I wish a city in North America would combine both with a European city and a North Amerian city.


----------



## DiggerD21 (Apr 22, 2004)

I prefer the european style, but not too dense please. For example Barcelona is already too dense for my liking.


----------



## A.U.S. arch. Student (Oct 16, 2006)

Well for me I would live in Dubai because it has the best of everything from the skyscrapers to communities that are mid-rise and designed with european architecture in mind, not to mention all the man-made islands over there which is like the new venice but on a much grander scale; i live in the us and im kinda tired of it lol so Dubai it is for me


----------



## gonzo (Jul 30, 2006)

N.American CBD with European residences. :yes:


----------



## LLoydGeorge (Jan 14, 2006)

Other than NY (which is an atypical city in the US), European cities are better than US ones. The US is suburban -- not urban-- oriented. Therefore, cities like Vienna and Madrid are much better than their US counterparts such as Atlanta or Dallas.


----------



## ParisRocks (Jan 15, 2007)

European, but with good weather, (for example not london)


----------



## monkeyronin (May 18, 2006)

as a whole, European, just becuase on average they are more vibrant than NA cities (even downtown). however, when talking about the best of the best, I'd take North America.


----------



## Marco_ (Jan 15, 2006)

European
I think a skyscrapercity is nice... to go on holiday
But I'm sure im gettin depressed within 5 or 10 years living there


----------



## pottebaum (Sep 11, 2004)

I prefer the European setup--but then again there are a few American cities I'd likely choose over any European city.


----------



## MDguy (Dec 16, 2006)

LLoydGeorge said:


> Other than NY (which is an atypical city in the US), European cities are better than US ones. The US is suburban -- not urban-- oriented. Therefore, cities like Vienna and Madrid are much better than their US counterparts such as Atlanta or Dallas.

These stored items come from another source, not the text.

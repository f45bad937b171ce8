-- ===== src/Shell/Lifetime.antt =====
-- From `webos_shell_context_init` to `webos_shell_context_destroy`: which proxies leak.
use webos_wayland.Base.{
  ℕ, ◌+◌, ◌≡◌, refl, ◌∙◌, ap, Bool, true, false, Option, none, some, List, [], ◌∷◌, ◌++◌,
  if◌then◌else◌, ◌==◌, is_some, total, total-append, arith, Option-cases, Bool-cases, inl, inr,
  String, ◌&&◌, ◌||◌, not, bit_or,
}
use webos_wayland.Wayland.{Proxy}
use webos_wayland.Shell.{
  ShellHeaders, ShellContext, Request, bind_shell, get_shell_surface, add_listener, set_property,
  set_key_mask, set_state, destroy_surface, destroy_shell,
}
use webos_wayland.Shell.Events.{handle_state_changed, handle_close, update_visibility, bool_eq}
use webos_wayland.Shell.Setup.{
  context_init, try_bind, attach, global_remove, context_destroy, bind_version,
  destroy_shell_surface, destroy_global,
}
use webos_wayland.Shell.Exposed.{has_area}
use webos_wayland.Shell.Trace.{Event, state_changed, exposed, close, handle, as_array}
use webos_wayland.Shell.Visibility.{handle_exposed-of_scan, scan_array-as_array}

abbrev pub is_proxy : ℕ → Proxy → ℕ
is_proxy id p = if p.id == id then 1 else 0

-- 1 for a request that made the proxy `id`
abbrev pub made : ℕ → Request → ℕ
made id (bind_shell p) = is_proxy id p
made id (get_shell_surface p) = is_proxy id p
made id _ = 0

-- 1 for a request that gave the proxy `id` up
abbrev pub given_up : ℕ → Request → ℕ
given_up id (destroy_surface p) = is_proxy id p
given_up id (destroy_shell p) = is_proxy id p
given_up id _ = 0

abbrev pub is_held : ℕ → Option Proxy → ℕ
is_held id none = 0
is_held id (some p) = is_proxy id p

-- A call of the component by its client or by libwayland, with what the requests in it return.
pub data Call : Type 0 where
  bind : ℕ → String → ℕ → (ℕ → Option Proxy) → Call
  attach_to : String → Option Proxy → Bool → Call
  removed : ℕ → Call
  listener : Event → Call

module _ {D : Type 0} where
  -- Each proxy was made as often as it was given up, is still held, or is among the lost ones.
  abbrev pub IsBalanced : ℕ → List Proxy → ShellContext D → Type 0
  IsBalanced id lost c =
      total (made id) c.sent
      ≡ total (given_up id) c.sent
        + (is_held id c.global + is_held id c.surface)
        + total (is_proxy id) lost

  -- A fault of `handle_exposed` leaves the context as it was, since it reaches no further.
  unfoldable pub call : ShellHeaders → Call → ShellContext D → ShellContext D
  call sh (bind name interface version answer) c = (try_bind name interface version answer c).1
  call sh (attach_to app_id new listens) c = (attach sh app_id new listens c).1
  call sh (removed name) c = global_remove name c
  call sh (listener e) c = elim (handle sh e c) [ none ↦ c | some c' ↦ c' ]

  -- The surface that a call stores over: `webos_shell_attach` with a bound shell does not look
  -- whether the context has one already.
  abbrev pub overwritten : Call → ShellContext D → List Proxy
  overwritten (attach_to app_id new listens) c =
      if is_some c.global then elim c.surface [ none ↦ [] | some s ↦ s ∷ [] ] else []
  overwritten _ c = []

  -- Any calls whatever, with the surfaces that they stored over, the last first.
  pub data Reach (sh : ShellHeaders) (start : ShellContext D)
      : ShellContext D → List Proxy → Type 0 where
    here : Reach sh start start []
    next :
        {c : ShellContext D} {lost : List Proxy} (k : Call)
        → Reach sh start c lost
        → Reach sh start (call sh k c) (overwritten k c ++ lost)

  append-IsBalanced :
      (id : ℕ) (lost lost' : List Proxy) (c c' : ShellContext D) (rs : List Request)
      → IsBalanced id lost c
      → c'.sent ≡ c.sent ++ rs
      → total (made id) rs + (is_held id c.global + is_held id c.surface + total (is_proxy id) lost)
        ≡ total (given_up id) rs
          + (is_held id c'.global + is_held id c'.surface + total (is_proxy id) lost')
      → IsBalanced id lost' c'
  append-IsBalanced id lost lost' c c' rs b e h = omega (
    arith,
    ap (total (made id)) e,
    ap (total (given_up id)) e,
    total-append (made id) c.sent rs,
    total-append (given_up id) c.sent rs,
    b,
    h,
  )

  -- `webos_shell_attach` reports success exactly if the context then has a surface: that is, if
  -- the shell is bound, it made a surface, and the listener could be added.
  pub attach_lem :
      (sh : ShellHeaders) (app_id : String) (new : Option Proxy) (listens : Bool)
      (c : ShellContext D)
      → c.surface ≡ none
      → let (took, c') = attach sh app_id new listens c in
        (took ≡ is_some c'.surface) × (took ≡ (is_some c.global && (is_some new && listens)))
  unfolding attach
  attach_lem sh app_id new listens c h = ground arith

  attach-IsBalanced :
      (sh : ShellHeaders) (id : ℕ) (app_id : String) (new : Option Proxy) (listens : Bool)
      (lost : List Proxy) (c : ShellContext D)
      → IsBalanced id lost c
      → IsBalanced id
          (overwritten (attach_to app_id new listens) c ++ lost)
          (attach sh app_id new listens c).1
  unfolding attach
  attach-IsBalanced sh id app_id none listens lost c b = ground arith
  attach-IsBalanced sh id app_id (some s) true lost c b = elim (Option-cases c.global) [
    | inl g ↦ ground arith
    | inr (g, at) ↦
        append-IsBalanced id lost (overwritten (attach_to app_id (some s) true) c ++ lost) c
          (attach sh app_id (some s) true c).1
          (get_shell_surface s
            ∷ add_listener s
            ∷ set_property s "appId" app_id
            ∷ set_property s "displayAffinity" "0"
            ∷ set_key_mask s (bit_or (bit_or sh.key_default sh.key_back) sh.key_exit)
            ∷ set_state s sh.state_fullscreen
            ∷ [])
          b (ground arith) (ground arith)
  ]
  attach-IsBalanced sh id app_id (some s) false lost c b = elim (Option-cases c.global) [
    | inl g ↦ ground arith
    | inr (g, at) ↦
        append-IsBalanced id lost (overwritten (attach_to app_id (some s) false) c ++ lost) c
          (attach sh app_id (some s) false c).1
          (get_shell_surface s ∷ add_listener s ∷ destroy_surface s ∷ []) b (ground arith)
          (ground arith)
  ]

  try_bind-IsBalanced :
      (id name : ℕ) (interface : String) (version : ℕ) (answer : ℕ → Option Proxy)
      (lost : List Proxy) (c : ShellContext D)
      → IsBalanced id lost c
      → IsBalanced id lost (try_bind name interface version answer c).1
  unfolding try_bind
  try_bind-IsBalanced id name interface version answer lost c b =
      elim (Option-cases (answer (bind_version version))) [
        | inl e ↦ ground (arith, total-append (made id) c.sent [])
        | inr (p, e) ↦ ground (
          arith,
          total-append (made id) c.sent (bind_shell p ∷ []),
          total-append (given_up id) c.sent (bind_shell p ∷ []),
        )
      ]

  update_visibility-IsBalanced :
      (id : ℕ) (lost : List Proxy) (c : ShellContext D)
      → IsBalanced id lost c
      → IsBalanced id lost (update_visibility c)
  unfolding update_visibility
  update_visibility-IsBalanced id lost c b =
      elim (Bool-cases (
        bool_eq (c.state_visible && (not c.have_exposed || c.exposed_visible))
          c.effective_visible)) [ inl same ↦ rw same b | inr other ↦ rw other b ]

  call-IsBalanced :
      (sh : ShellHeaders) (id : ℕ) (k : Call) (lost : List Proxy) (c : ShellContext D)
      → IsBalanced id lost c
      → IsBalanced id (overwritten k c ++ lost) (call sh k c)
  unfolding call handle handle_state_changed handle_close global_remove
  call-IsBalanced sh id (bind name interface version answer) lost c b =
      try_bind-IsBalanced id name interface version answer lost c b
  call-IsBalanced sh id (attach_to app_id new listens) lost c b =
      attach-IsBalanced sh id app_id new listens lost c b
  call-IsBalanced sh id (removed name) lost c b = b
  call-IsBalanced sh id (listener (state_changed state)) lost c b =
      update_visibility-IsBalanced id lost
        (record c { state = state; state_visible = not (state == sh.state_minimized) }) b
  call-IsBalanced sh id (listener (exposed values)) lost c b =
      let e = handle_exposed-of_scan c (as_array values) (scan_array-as_array values) in
      rw (e, call)
        (update_visibility-IsBalanced id lost
          (record c { have_exposed = true; exposed_visible = has_area values }) b)
  call-IsBalanced sh id (listener close) lost c b = b

  Reach-IsBalanced :
      (sh : ShellHeaders) (d : D) (f : Option (D → Bool → D)) (g : Option (D → D)) (id : ℕ)
      {c : ShellContext D} {lost : List Proxy}
      → Reach sh (context_init sh d f g) c lost
      → IsBalanced id lost c
  unfolding context_init
  Reach-IsBalanced sh d f g id here = refl
  Reach-IsBalanced sh d f g id (next {c} {lost} k r) =
      call-IsBalanced sh id k lost c (Reach-IsBalanced sh d f g id r)

  destroy_shell_surface-IsBalanced :
      (id : ℕ) (lost : List Proxy) (c : ShellContext D)
      → IsBalanced id lost c
      → IsBalanced id lost (destroy_shell_surface c)
  unfolding destroy_shell_surface
  destroy_shell_surface-IsBalanced id lost c b = elim (Option-cases c.surface) [
    | inl e ↦ ground arith
    | inr (s, e) ↦
        append-IsBalanced id lost lost c (destroy_shell_surface c) (destroy_surface s ∷ []) b
          (ground arith) (ground arith)
  ]

  destroy_global-IsBalanced :
      (id : ℕ) (lost : List Proxy) (c : ShellContext D)
      → IsBalanced id lost c
      → IsBalanced id lost (destroy_global c)
  unfolding destroy_global
  destroy_global-IsBalanced id lost c b = elim (Option-cases c.global) [
    | inl e ↦ ground arith
    | inr (s, e) ↦
        append-IsBalanced id lost lost c (destroy_global c) (destroy_shell s ∷ []) b (ground arith)
          (ground arith)
  ]

  context_destroy-IsBalanced :
      (id : ℕ) (lost : List Proxy) (c : ShellContext D)
      → IsBalanced id lost c
      → IsBalanced id lost (context_destroy c)
  unfolding context_destroy
  context_destroy-IsBalanced id lost c b =
      destroy_global-IsBalanced id lost _ (destroy_shell_surface-IsBalanced id lost c b)

  nothing_left :
      (c : ShellContext D)
      → ((context_destroy c).global ≡ none) × ((context_destroy c).surface ≡ none)
  unfolding context_destroy
  nothing_left c = ground arith

  -- After any calls, `webos_shell_context_destroy` leaves neither the global nor a surface, and
  -- every proxy has been made as often as it was given up or lost, where the surfaces lost are those
  -- that `webos_shell_attach` stored over.
  pub context_destroy-releases_shell :
      (sh : ShellHeaders) (d : D) (f : Option (D → Bool → D)) (g : Option (D → D))
      {c : ShellContext D} {lost : List Proxy}
      → Reach sh (context_init sh d f g) c lost
      → (id : ℕ)
      → ((context_destroy c).global ≡ none)
        × ((context_destroy c).surface ≡ none)
        × (total (made id) (context_destroy c).sent
            ≡ total (given_up id) (context_destroy c).sent + total (is_proxy id) lost)
  context_destroy-releases_shell sh d f g {c} {lost} r id =
      let b = context_destroy-IsBalanced id lost c (Reach-IsBalanced sh d f g id r) in
      let (no_global, no_surface) = nothing_left c in
      (no_global, no_surface, b ∙ rw (no_global, no_surface) (omega arith))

that's kind of mean. You can't just say it like a fact because it isn't. that's an opinion. anyway, I like room so N.A. city.Also, this isn't compareing the US to europe! This is NA to europe. I would take a NA city anyday over a european one anyway like atlanta or Dallas over say...Vienna or Madrid


----------



## krull (Oct 8, 2005)

Taylorhoge said:


> I wish a city in North America would combine both with a European city and a North Amerian city.


New York City.


----------



## eklips (Mar 29, 2005)

The problem with NYC, which is an awsome city by the way, is that only the center is "European". Such a huge part of the urban area's population lives in sprawly New Jersey or NY state


----------



## globill (Dec 4, 2005)

Most American cities are seeing dramatic increases in housing development within their "downtowns", so in a decade or so, there will be dozens of cities that will offer viable pedestrian-oriented living along European lines.


----------



## Taller Better (Aug 27, 2005)

redbaron_012 said:


> Not sure where this European / American type city comes from??? here in Melbourne Australia, we have a nice combination of assets most would desire....Old enough to have Cathedrals and Public Buildings built from Gold Rush riches. Modern skyscrapers....including the current Worlds Tallest Residential Building. Many other innercity high rise apartments. Denser innercity terrace housing....spreading to suburbs of homes of all sizes and styles. great Sporting facilities...the Australian Open Tennis Tournament is on as I type this. Climate...well its a bit hot today..near 40 deg. celcius....Great restaurants...well just about everything......I love it ! PS lived in Sydney for a while..its OK too....and have spent extended periods of time in SanFrancisco, Chicago, New York, London, Rome, Amsterdam and Berlin.....In family homes not hotels...hey they are all fantastic places with too many assets to list here....for me....Melbourne's just..... so nice to live in !



The same is true for quite a few cities in North American, but for all intents and purposes Australian cities fall into the "American" (ie New World) category. There is no confusing, say, Melbourne and Rome.


----------



## Minato ku (Aug 9, 2005)

monkeyronin said:


> Except that Paris has a slightly larger population in a slightly larger area than Manhattan, with the same density. If were to include, say, 500-800 sqkm around Paris, I doubt it'd be terribly higher than New York.



In fact with 700 km2 Paris has 8000 inh/sqKm (a little less than NY)


----------



## RC14 (Dec 22, 2006)

Kuesel said:


> Just look at LA - it's probably the most overblown village in the world.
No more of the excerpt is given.